Work to complete → Go through the data and retrieve each line that includes the string "IsCut".

Extracted records:
* * * * * * * * *
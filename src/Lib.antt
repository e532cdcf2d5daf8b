-- ===== src/Lib.antt =====
-- The delta synchronisation engine: files are cut into chunks, chunks are named by their hashes, and
-- only the chunks that the other side lacks are sent.
--
-- Parts, each with the code that it is about:
--   Hash     src/lib/rsync/adler32.ts, src/lib/rsync/strong-hash.ts, shared/hash.ts: the rolling
--            checksum (adler32, roll_adler32 for rollAdler32) and hexadecimal digests.
--   Cdc      shared/fastcdc.ts: content-defined chunking (cdc_chunk_ends, cdc_ranges).
--   Rsync    src/lib/rsync: Signatures (compute_signatures), Delta (compute_delta; the generators are
--            the lists that they yield), Patch (apply_delta).
--   Wire     shared/ops-binary.ts (OpsBinary), shared/ops-flatbuf.ts (OpsFlatbuf), and
--            shared/chunk-manifest.ts (Manifest), over Node's Buffer (Bytes).
--   Server   server/rate-limiter.ts (RateLimiter), server/negotiation-store.ts (NegotiationStore),
--            shared/schema.ts with the queries that are used (Database), server/version-chunks.ts,
--            server/version-pruner.ts, server/worker.ts, server/gc.ts (Gc: the reference set,
--            Gc/Inventory: the reconciliation), server/block-store.ts (Objects),
--            server/s3-limiter.ts (S3Limiter), server/worker-pool.ts (WorkerPool),
--            server/outbox-dispatcher.ts (Outbox), and the handlers
--            of src/routes/api/public/sync: Negotiate, Resume, Download, Commit, Upload. Publish is
--            the transaction that upload.ts and commit.ts share; Requests is what upload.ts and
--            negotiate.ts share.
--   Cli      cli/src/sync.ts with the cache of cli/src/db.ts (Sync), the journal of that file
--            (Journal), cli/src/rsync.ts (Delta), and cli/src/push.ts (Push; Uploads for its
--            concurrent part).
--   Prelude  lists, texts, results, maps and bits for all of them. Tests holds concrete runs.
--
-- How they interact: the delta engine signs with Hash and Cdc. A handler takes the rate limiter's
-- maps, the negotiation store, the database and the object store as arguments and returns them
-- changed with its reply. An upload reads the previous version's chunks (VersionChunks decodes the
-- manifest), and publishes a new version with a manifest and an event; the worker verifies that
-- version against the object store when the dispatcher's poll comes to the event (Outbox/WorkerJobs);
-- the pruner and the collector remove what is no longer referenced.
-- A push of the client signs the file, negotiates or resumes, uploads what is missing and commits; its
-- deltas are read by the upload handler's loop.
--
-- Concurrency is a sequence of steps: calls and completions of the limiter, submissions and exits of
-- the pool, answers and ends of delays of the uploads' workers. The data type Reach of each has the
-- states that such sequences lead to, and what is shown of them holds for every order.
--
-- How it is modelled: bytes are lists of numbers, texts lists of character codes, a table the list of
-- its rows, a JavaScript map an association list in the order of insertion. What throws returns
-- `err`, or `none`. SHA-256, the clock, random ids, uninitialised memory, presigned URLs and the
-- object store's answers are arguments. An upload takes the database twice, as it is when the handler
-- reads the file and as it is when the transaction begins.
--
-- Loops run on fuel where they do not follow a list: the chunking loops and the delta on the length of
-- the file, which each round shortens; the loops over pages on one more than the number of elements.
-- The results on them say that this is enough. The collector's loops over the database's pages take
-- their fuel as an argument.
--
-- The transaction of a publication is one step that nothing interrupts; whether the database gives
-- that is outside. It throws a stale snapshot before it writes, so that no refusal needs a rollback.
--
-- Not modelled: parsing of JSON and forms, HTTP, the SQL engine and the failures of its requests, errors
-- of the object store during an upload, worker threads, the dispatcher's loop and timer, API keys, the
-- native addon in Rust, the command line, and the user interface.
pub mod Prelude
pub mod Hash
pub mod Cdc
pub mod Rsync
pub mod Wire
pub mod Server
pub mod Cli
pub mod Tests
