-- ===== src/Cdc.antt =====
-- shared/fastcdc.ts: content-defined chunking by a rolling polynomial fingerprint.
-- A position is an index into the bytes; each `while` loop over bytes recurs on its rounds left.
pub mod Tiling
pub mod Shift
use Prim.Native.Nat.{bit_and, bit_xor}
use delta_sync_engine.Prelude.{
  ℕ, zero, suc, ◌+◌, ◌-◌, ◌*◌, ◌/◌, ◌%◌, ◌^◌, min, max, Bool, true, false, List, [], ◌∷◌, leb, ltb,
  ◌==◌, if◌then◌else◌, length, get_or,
}

pub record CdcOptions : Type 0 where
  pub min_size : ℕ
  pub avg_size : ℕ
  pub max_size : ℕ

-- `Math.floor(Math.log2(n))` of a positive whole number, by halving; `n` halvings are enough.
unfoldable pub floor_log2 : ℕ → ℕ → ℕ
floor_log2 zero n = 0
floor_log2 (suc fuel) n = let more = floor_log2 fuel (n / 2) in if ltb n 2 then 0 else suc more

unfoldable pub mask_bits : ℕ → ℕ
unfolding floor_log2
mask_bits avg = 2 ^ floor_log2 (max 64 avg) (max 64 avg) - 1

-- `(Math.imul(fp, 0x01000193) ^ byte) >>> 0`
unfoldable pub next_fp : ℕ → ℕ → ℕ
next_fp fp byte = bit_xor (fp * 0x01000193 % 2 ^ 32) byte

-- The first loop: the fingerprint over the bytes from `i` on, for so many rounds, with no test.
unfoldable pub skip_loop : List ℕ → ℕ → ℕ → ℕ → ℕ
unfolding next_fp
skip_loop bytes zero i fp = fp
skip_loop bytes (suc rounds) i fp = skip_loop bytes rounds (i + 1) (next_fp fp (get_or bytes i 0))

-- The second loop: up to `hard_max`, stopping behind the first byte whose fingerprint meets the mask.
unfoldable pub cut_loop : List ℕ → ℕ → ℕ → ℕ → ℕ → ℕ → ℕ
unfolding next_fp
cut_loop bytes mask hard_max zero i fp = hard_max
cut_loop bytes mask hard_max (suc rounds) i fp =
    let fp' = next_fp fp (get_or bytes i 0) in
    let rest = cut_loop bytes mask hard_max rounds (i + 1) fp' in
    if bit_and fp' mask == 0 then i + 1 else rest

-- One round of the outer loop: the end of the chunk that starts at `n`.
unfoldable pub next_cut : List ℕ → CdcOptions → ℕ → ℕ
unfolding skip_loop cut_loop mask_bits
next_cut bytes opts n =
    let len = length bytes in
    let mask = mask_bits opts.avg_size in
    let hard_max = min (n + opts.max_size) len in
    let min_end = min (n + opts.min_size) len in
    let fp = skip_loop bytes (min_end - n) n 0x811c9dc5 in
    let cut = cut_loop bytes mask hard_max (hard_max - min_end) min_end fp in
    if leb cut n then min (n + 1) len else cut

-- The outer loop. Each round ends behind its start, so the length of the bytes is enough fuel.
unfoldable pub cdc_loop : ℕ → List ℕ → CdcOptions → ℕ → List ℕ
unfolding next_cut
cdc_loop zero bytes opts n = []
cdc_loop (suc fuel) bytes opts n =
    let rest = cdc_loop fuel bytes opts (next_cut bytes opts n) in
    if ltb n (length bytes) then next_cut bytes opts n ∷ rest else []

unfoldable pub cdc_chunk_ends : List ℕ → CdcOptions → List ℕ
unfolding cdc_loop
cdc_chunk_ends bytes opts = cdc_loop (length bytes) bytes opts 0

pub record Range : Type 0 where
  pub start : ℕ
  pub end : ℕ

unfoldable pub ranges_from : ℕ → List ℕ → List Range
ranges_from prev [] = []
ranges_from prev (end ∷ ends) = record { start = prev; end = end } ∷ ranges_from end ends

unfoldable pub cdc_ranges : List ℕ → CdcOptions → List Range
unfolding cdc_chunk_ends ranges_from
cdc_ranges bytes opts = ranges_from 0 (cdc_chunk_ends bytes opts)
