-- ===== src/Cdc/Tiling.antt =====
-- The chunks cover the bytes in order, with no gap and no overlap, and their sizes are bounded.
use delta_sync_engine.Prelude.{
  ℕ, zero, suc, ◌+◌, ◌-◌, ◌≤◌, ◌<◌, min, ◌≡◌, refl, inl, inr, List, [], ◌∷◌, arith, leb, ltb,
  Bool-cases, length, get_or,
}
use delta_sync_engine.Cdc.{
  CdcOptions, mask_bits, next_fp, skip_loop, cut_loop, next_cut, cdc_loop, cdc_chunk_ends, Range,
  ranges_from, cdc_ranges,
}

-- Ranges that lead from `n` to `stop`, each starting where the one before it ends and not empty.
abbrev pub Tiles : ℕ → ℕ → List Range → Type 0
Tiles n stop [] = n ≡ stop
Tiles n stop (r ∷ rs) = (r.start ≡ n) × (n < r.end) × (r.end ≤ stop) × Tiles r.end stop rs

-- No range is longer than the greatest size, and none but the last is shorter than the least size.
abbrev pub Sized : CdcOptions → List Range → Type 0
Sized opts [] = Unit
Sized opts (r ∷ []) = r.end ≤ r.start + opts.max_size
Sized opts (r ∷ s ∷ rs) =
    (r.end ≤ r.start + opts.max_size) × (r.start + opts.min_size ≤ r.end) × Sized opts (s ∷ rs)

cut_loop_bounds :
    (bytes : List ℕ) (mask hard_max rounds i fp : ℕ)
    → i + rounds ≤ hard_max
    → (i ≤ cut_loop bytes mask hard_max rounds i fp)
      × (cut_loop bytes mask hard_max rounds i fp ≤ hard_max)
unfolding cut_loop
cut_loop_bounds bytes mask hard_max zero i fp h = omega arith
cut_loop_bounds bytes mask hard_max (suc rounds) i fp h = ground (
  arith,
  cut_loop_bounds bytes mask hard_max rounds (i + 1) (next_fp fp (get_or bytes i 0)) (omega arith),
)

-- What one round promises: it makes progress, stays inside the bytes, and keeps to the sizes.
pub record IsCut (opts : CdcOptions) (n len cut : ℕ) : Type 0 where
  pub ahead : n < cut
  pub inside : cut ≤ len
  pub at_most : 0 < opts.max_size → cut ≤ n + opts.max_size
  pub at_least : opts.min_size ≤ opts.max_size → min (n + opts.min_size) len ≤ cut

pub next_cut-IsCut :
    (bytes : List ℕ) (opts : CdcOptions) (n : ℕ)
    → n < length bytes
    → IsCut opts n (length bytes) (next_cut bytes opts n)
unfolding next_cut
next_cut-IsCut bytes opts n h =
    let len = length bytes in
    let hard_max = min (n + opts.max_size) len in
    let min_end = min (n + opts.min_size) len in
    let fp = skip_loop bytes (min_end - n) n 0x811c9dc5 in
    let mask = mask_bits opts.avg_size in
    elim (Bool-cases (leb min_end hard_max)) [
      | inl below ↦
          let bounds =
            cut_loop_bounds bytes mask hard_max (hard_max - min_end) min_end fp (ground arith) in
          record {
            ahead = ground (arith, bounds);
            inside = ground (arith, bounds);
            at_most = λ p. ground (arith, bounds);
            at_least = λ p. ground (arith, bounds);
          }
      | inr above ↦
          let no_rounds : hard_max - min_end ≡ 0 = ground arith in
          rw no_rounds (
            unfold cut_loop in
            record {
              ahead = ground arith;
              inside = ground arith;
              at_most = λ p. ground arith;
              at_least = λ p. ground arith;
            })
    ]

-- Enough fuel: the loop reaches the end of the bytes.
ranges-cdc_loop-Tiles :
    (fuel : ℕ) (bytes : List ℕ) (opts : CdcOptions) (n : ℕ)
    → n ≤ length bytes
    → length bytes ≤ n + fuel
    → Tiles n (length bytes) (ranges_from n (cdc_loop fuel bytes opts n))
unfolding cdc_loop ranges_from
ranges-cdc_loop-Tiles zero bytes opts n h f = omega arith
ranges-cdc_loop-Tiles (suc fuel) bytes opts n h f = elim (Bool-cases (ltb n (length bytes))) [
  | inl more ↦
      let cut = next_cut-IsCut bytes opts n (ground arith) in
      rw more (
        refl,
        cut.ahead,
        cut.inside,
        ranges-cdc_loop-Tiles fuel bytes opts (next_cut bytes opts n) cut.inside
            (omega (arith, cut.ahead)),
      )
  | inr done ↦ rw done (ground arith)
]

-- For any options, also with a greatest size of 0, the ranges cover all bytes from the first to the
-- last: each starts where the one before it ends, and none is empty.
pub cdc_ranges-Tiles :
    (bytes : List ℕ) (opts : CdcOptions) → Tiles 0 (length bytes) (cdc_ranges bytes opts)
unfolding cdc_ranges cdc_chunk_ends
cdc_ranges-Tiles bytes opts =
    ranges-cdc_loop-Tiles (length bytes) bytes opts 0 (omega arith) (omega arith)

Sized-cons :
    (opts : CdcOptions) (r : Range) (rs : List Range) (stop : ℕ)
    → r.end ≤ r.start + opts.max_size
    → min (r.start + opts.min_size) stop ≤ r.end
    → Tiles r.end stop rs
    → Sized opts rs
    → Sized opts (r ∷ rs)
Sized-cons opts r [] stop upper lower tiles sized = upper
Sized-cons opts r (s ∷ rs) stop upper lower tiles sized =
    (upper, omega (arith, tiles.0, tiles.1, tiles.2), sized)

ranges-cdc_loop-Sized :
    (fuel : ℕ) (bytes : List ℕ) (opts : CdcOptions) (n : ℕ)
    → 0 < opts.max_size
    → opts.min_size ≤ opts.max_size
    → n ≤ length bytes
    → length bytes ≤ n + fuel
    → Sized opts (ranges_from n (cdc_loop fuel bytes opts n))
unfolding cdc_loop ranges_from
ranges-cdc_loop-Sized zero bytes opts n p q h f = tt
ranges-cdc_loop-Sized (suc fuel) bytes opts n p q h f = elim (Bool-cases (ltb n (length bytes))) [
  | inl more ↦
      let cut = next_cut-IsCut bytes opts n (ground arith) in
      let next = next_cut bytes opts n in
      let enough : length bytes ≤ next + fuel = omega (arith, cut.ahead) in
      rw more (
        Sized-cons opts (record { start = n; end = next }) _ (length bytes) (cut.at_most p)
          (cut.at_least q) (ranges-cdc_loop-Tiles fuel bytes opts next cut.inside enough)
          (ranges-cdc_loop-Sized fuel bytes opts next p q cut.inside enough))
  | inr done ↦ rw done tt
]

-- Where the least size is at most the greatest and the greatest is not 0, every chunk is at most
-- the greatest size, and every chunk but the last is at least the least size.
pub cdc_ranges-Sized :
    (bytes : List ℕ) (opts : CdcOptions)
    → 0 < opts.max_size
    → opts.min_size ≤ opts.max_size
    → Sized opts (cdc_ranges bytes opts)
unfolding cdc_ranges cdc_chunk_ends
cdc_ranges-Sized bytes opts p q =
    ranges-cdc_loop-Sized (length bytes) bytes opts 0 p q (omega arith) (omega arith)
* * * * * * * * *
Reply →
pub record IsCut (opts : CdcOptions) (n len cut : ℕ) : Type 0 where
pub next_cut-IsCut :
    → IsCut opts n (length bytes) (next_cut bytes opts n)
next_cut-IsCut bytes opts n h =
      let cut = next_cut-IsCut bytes opts n (ground arith) in
      let cut = next_cut-IsCut bytes opts n (ground arith) in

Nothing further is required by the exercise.